Will be using it in our local store's Sierra Nevada clone (pretty damn good beer too!) which will be dry hopped with Cascade, Chinook and Azacca (similar to Citra, because I don't have Citra haha)

Anyway yeah, anyone had a go with it? Anything I should keep an eye on?

Cheers!


----------



## barls (19/6/14)

still sitting in the fermentor atm. but its a black ipa.


----------



## Yob (19/6/14)

I've got a starter on the stirplate at the moment, it's a pretty good yeast, quick to ferment from memory, 4 day ferment for standard gravity and drops pretty clear, only used it once previously but quite liked it and remember being impressed with it (hence I froze some and am spinning it up again)

Prefer it to 1272


----------



## fattox (25/6/14)

Well I'm 24 hours in from pitching (about 1am yesterday, as I work late nights while I study) and there's a solid 4-odd litres of krausen sitting on top of the beer. Mine went into a 1.055ish Sierra Nevada Pale wort kit my local store does, it's a great beer they do and I would rather pay the $40 and get something I know is good than try brew something when I've only been doing AG for about 10 - 12 batches and still have a lot to learn  I will be dry hopping with Cascade as well, but it's a solid beer they do. It will be interesting this yeast combo with the Cascade DH, as I hear the 1217 throws off some spicy notes. I am at about 18 degrees now as the other fermenter is running an Azacca (new Yakima hop) Maris Otter smash, with US05, but as it comes to an end will ramp to 20. Will keep posted on how this beer turns out though!


----------



## Batz (27/11/14)

How did these turn out guys? I had one sitting in the fridge for a while and just building it up now. It's going into a black IPA for Xmas.

Batz


----------



## Judanero (27/11/14)

I'm interested too, using it tomorrow night/sat morning


----------



## hoppy2B (27/11/14)

Judanero said:


> I'm interested too


+1 I have a snack pack of 1217 in the fridge. I'm wondering if this is just a snack pack version of BRY-97.


----------



## droid (27/11/14)

ordered two packs on the weekend, express post...turns out it was out of stock, hopefully it gets here tomorrow - doesn't help ya though does it? - sorry

_Wyeast 1217-PC West Coast IPA™_


_*Beer Styles:* American IPA, Imperial IPA, American Pale Ale, American brown ale, Red Ales, Scottish Ales _
_*Profile:* This strain is ideally suited to the production of west-coast style American craft beers, especially pale, IPA, red, and specialties. Thorough attenuation, temp tolerance, and good flocculation make this an easy strain to work with. Flavor is balanced neutral with mild ester formation at warmer temps, allowing hops, character malts, and flavorings to show through. _




_*Alc. Tolerance* 10% ABV _
_*Flocculation *med-high_
_*Attenuation* 73-80% _
_*Temp. Range* 62-74°F (17-23°C)_


----------



## Batz (27/11/14)

Looks like plenty of us about to try it, not so many reviews though.

Batz


----------



## Judanero (27/11/14)

I read some reviews on HBT talking about how it finishes pretty dry, even with crystal in the grain bill..


----------



## Yob (27/11/14)

its a cracking yeast, next to Greenbelt its my second favorite yeast


----------



## danestead (28/11/14)

Just kegged a iipa with it. It ripped through. The most crazy yeast ive ever used. It was chewing 15pts a day for the first 4 days. The beer turned out a bit rough but it was my first attempt at a iipa and im pretty sure its the recipe letting it down rather than the yeast.


----------



## Spiesy (28/11/14)

Might have to set one aside for my next Pale Ale.


----------



## Samuel Adams (15/2/15)

I used 1217 in a red IPA & it is a great yeast.
High flocculation, firm sediment in the bottle so you can upend it & get all of the clear beer out.
OG 1.054 FG 1.008 so 85% attenuation.
Tase is nice and clean, lets the hops & malt shine.

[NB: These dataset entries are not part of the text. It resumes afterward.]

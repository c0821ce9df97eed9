-- ===== src/Filter/Sets/Merged.antt =====
-- util/bip158.rs: the loops over sorted lists find what is in both.
use chaintopeslashrust_tapyr.Common.{
  ℕ, ◌<◌, ◌≡◌, refl, ap, ◌∙◌, arith, List, [], ◌∷◌, false, ◌||◌, ◌&&◌,
}
use chaintopeslashrust_tapyr.Filter.Sets.Merging.{
  has, any_meets, all_meet, IsSorted, any_merge, all_merge,
}

has_below : (value : ℕ) (xs : List ℕ) (q : ℕ) → q < value → IsSorted value xs → has xs q ≡ false
has_below value [] q h s = refl
has_below value (x ∷ xs) q h (hx, s) = ground (arith, has_below x xs q)

-- Queries above `value` do not meet it.
has_above : (value : ℕ) (xs : List ℕ) (q : ℕ) → value < q → has (value ∷ xs) q ≡ has xs q
has_above value xs q h = ground arith

any_above :
    (value b : ℕ) (xs qs : List ℕ)
    → value < b
    → IsSorted b qs
    → any_meets (has (value ∷ xs)) qs ≡ any_meets (has xs) qs
any_above value b xs [] h s = refl
any_above value b xs (q ∷ qs) h (hq, s) =
    ap (λ t. t || any_meets (has (value ∷ xs)) qs) (has_above value xs q (omega arith))
    ∙ ap (λ t. has xs q || t) (any_above value q xs qs (omega arith) s)

all_above :
    (value b : ℕ) (xs qs : List ℕ)
    → value < b
    → IsSorted b qs
    → all_meet (has (value ∷ xs)) qs ≡ all_meet (has xs) qs
all_above value b xs [] h s = refl
all_above value b xs (q ∷ qs) h (hq, s) =
    ap (λ t. t && all_meet (has (value ∷ xs)) qs) (has_above value xs q (omega arith))
    ∙ ap (λ t. has xs q && t) (all_above value q xs qs (omega arith) s)

pub any_none : (qs : List ℕ) → any_meets (has []) qs ≡ false
any_none [] = refl
any_none (q ∷ qs) = any_none qs

pub any_merge_lem :
    (qs : List ℕ) (b value : ℕ) (xs : List ℕ)
    → IsSorted b qs
    → IsSorted value xs
    → any_merge qs value xs ≡ any_meets (has (value ∷ xs)) qs
unfolding any_merge
any_merge_lem [] b value xs s t = refl
any_merge_lem (q ∷ qs) b value [] (hq, s) t =
    ground (arith, any_merge_lem qs q value [] s t, any_above value q [] (q ∷ qs), any_none qs)
any_merge_lem (q ∷ qs) b value (x ∷ xs) (hq, s) (hx, t) = ground (
  arith,
  any_merge_lem (q ∷ qs) b x xs (hq, s) t,
  any_merge_lem qs q value (x ∷ xs) s (hx, t),
  any_above value q (x ∷ xs) (q ∷ qs),
  has_below value (x ∷ xs) q,
)

all_none : (q : ℕ) (qs : List ℕ) → all_meet (has []) (q ∷ qs) ≡ false
all_none q qs = refl

pub all_merge_lem :
    (qs : List ℕ) (b value : ℕ) (xs : List ℕ)
    → IsSorted b qs
    → IsSorted value xs
    → all_merge qs value xs ≡ all_meet (has (value ∷ xs)) qs
unfolding all_merge
all_merge_lem [] b value xs s t = refl
all_merge_lem (q ∷ qs) b value [] (hq, s) t =
    ground (arith, all_merge_lem qs q value [] s t, all_above value q [] (q ∷ qs))
all_merge_lem (q ∷ qs) b value (x ∷ xs) (hq, s) (hx, t) = ground (
  arith,
  all_merge_lem (q ∷ qs) b x xs (hq, s) t,
  all_merge_lem qs q value (x ∷ xs) s (hx, t),
  all_above value q (x ∷ xs) (q ∷ qs),
  has_below value (x ∷ xs) q,
)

I would recommend this yeast for an IPA for sure !


----------



## Bizenya (15/2/15)

Did a Columbus Riwaka APA late last year and ended up awesome- hops were pronounced and flavourful, but its still malty- clean and easy too

Does anyone know if its a seasonal still or are Wyeast making this a permanent variety?


----------



## danestead (15/2/15)

As far as i am aware, its a private collection. Unless there are plans i dont know about.

I froze up 10 vials of it and have used 1 with great success. The only thing i noted, is it didnt really drop clear as it was meant to. Maybe it was due to my freezing process or the glycerin, I dont know. Either that or the fact the keg was drunk within a couple of weeks of kegging. I would have expected a highly flocculant yeast to come pretty clear after a week of cold conditioning in the fermenter though


----------



## Samuel Adams (15/2/15)

Strange !
I didn't even CC and my beer is clear after less than 2 weeks in the bottle.


----------



## Samuel Adams (3/4/15)

danestead said:


> I froze up 10 vials of it and have used 1 with great success. The only thing i noted, is it didnt really drop clear as it was meant to. Maybe it was due to my freezing process or the glycerin, I dont know. Either that or the fact the keg was drunk within a couple of weeks of kegging. I would have expected a highly flocculant yeast to come pretty clear after a week of cold conditioning in the fermenter though


My second use of 1217 hasn't cleared up like my first beer. It's still dropped firm in the bottle but the beer just isn't crystal clear.

Tastes bloody good though & will be my IPA yeast whenever I can get it !


----------



## Engibeer (26/4/15)

This is a great yeast; however my personal preference is 1272.


----------



## Coodgee (9/11/15)

brewed a Rye IPA on Saturday. Pitched a 1.5L starter of 1217 at 6 pm and by midnight it had a 2 inch Krausen on top with the airlock going mad. It's down to 1014 after 48 hours, which is the predicted FG from beersmith. Tastes great out of the fermenter. I'm tempted to cold crash it tomorrow and start enjoying it while it's got the full hop flavour to offer.


----------



## Yob (12/11/15)

Nice, love that yeast, it's a monster and drops Crystal


----------